Pictures are favored for providing the context both in language classroom instructions and assessments (Field, 2013). However when pictorial tasks are designed to track students’ progress, parallel tasks are suggested (Stansfield & Ross, 1988; Brown et. al, 1991; Weir & Wu, 2006) because it is important to avoid repeated use of the same task which exerts unwanted leakage, construct-irrelevant variance (e.g. Raymond et al., 2007), and practice effect (Cliffordson, 2004; Hausknecht et al., 2007). Although some studies examined the parallel picture set tasks in writing prompts (e.g. Bae, 2000; Bar& Lee, 2011; Pena et al., 2006) based on student’s products, few studies on the equivalence of picture-based listening tasks are currently available.
This research is to address the research gap. It documents evidences of equivalence of two picture-based listening tasks which were developed in alignment with National English Curriculum Standards Level 4 in China. The purpose is to ensure that these two tasks measure the same construct, yielding equivalent results and score interpretations, as well as to establish a sound process to validate the equivalence among picture-based listening tasks across years in tracking Chinese eighth graders’ progress.

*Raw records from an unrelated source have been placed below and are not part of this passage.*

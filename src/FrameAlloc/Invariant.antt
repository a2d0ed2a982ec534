-- ===== src/FrameAlloc/Invariant.antt =====
-- The invariant of the free lists of a zone of mm/frame_alloc.c, and what linking a block in and
-- unlinking one do to it.
use heaven_os.Prelude.{
  ℕ, ◌+◌, ◌%◌, ◌≤◌, ◌<◌, ◌≡◌, arith, update, count, erase, count-erase, List, ◌∷◌,
}
use heaven_os.FrameAlloc.{Zone, max_order}
use heaven_os.FrameAlloc.Geometry.{size, In}
use heaven_os.FrameAlloc.Cover.{within, cover, cover-push, cover-extract}

-- Free blocks are aligned and stand in the zone, and no address is in two of them.
pub record IsSound (z : Zone) (free : ℕ → List ℕ) : Type 0 where
  pub blocks :
      (k b : ℕ)
      → k ≤ max_order
      → 0 < count b (free k)
      → (b % size k ≡ 0) × In z.start_addr z.end_addr b
  pub once : (a : ℕ) → cover free a ≤ 1

-- A block of the zone that no free block overlaps.
pub record IsLoose (z : Zone) (free : ℕ → List ℕ) (k b : ℕ) : Type 0 where
  pub low : k ≤ max_order
  pub aligned : b % size k ≡ 0
  pub inside : In z.start_addr z.end_addr b
  pub clear : (a : ℕ) → within b (size k) a + cover free a ≤ 1

module _ {z : Zone} {free : ℕ → List ℕ} (inv : IsSound z free) (k b : ℕ) where
  -- A loose block is linked in.
  pub push-IsSound : IsLoose z free k b → IsSound z (update free k (b ∷ free k))
  push-IsSound loose = record {
    blocks = λ j c lowj mem. ground (arith, inv.blocks j c, loose.aligned, loose.inside);
    once = λ a. omega (arith, cover-push free k loose.low b a, loose.clear a);
  }

  module _ (low : k ≤ max_order) (mem : 0 < count b (free k)) where
    -- A free block is unlinked, and is loose from then on.
    pub extract-IsSound : IsSound z (update free k (erase b (free k)))
    extract-IsSound = record {
      blocks = λ j c lowj there. ground (arith, inv.blocks j c, count-erase b c (free k) mem);
      once = λ a. omega (arith, cover-extract free k low b a mem, inv.once a);
    }

    pub extract-IsLoose : IsLoose z (update free k (erase b (free k))) k b
    extract-IsLoose = record {
      low = low;
      aligned = (inv.blocks k b low mem).0;
      inside = (inv.blocks k b low mem).1;
      clear = λ a. omega (arith, cover-extract free k low b a mem, inv.once a);
    }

It employed a stakeholders-oriented approach by probing test writers, Grade eight teachers form different language discipline background and the test takers of different language proficiency levels(High/medium/low) to evaluate two listening tasks featured themes of “farm” and “park”. In the first phase, nine stakeholders (three of each group) reviewed the test content in terms of the tasks’ characteristics on a 1-6 Likert scale. In the second phase, a second group of 9 stakeholders sat the tests, and their stimulated retrospective recall data of the test taking process were collected. Results showed different groups of stakeholders paid attention to different aspects of the task characteristics. The in-depth comparison of cognitive processes showed participants went through comprehensive layers of thinking process with similar stages at similar expert proficiency level. This study demonstrates the importance to involve different groups of stakeholders when examine task equivalency of picture sets in standards-based listening assessment. It is necessary to collect evidences through tapping into comprehensive layers of cognitive processes to evaluate task equivalency. The approach employed contributes to the establishment of methods to examine the parallel task forms at large.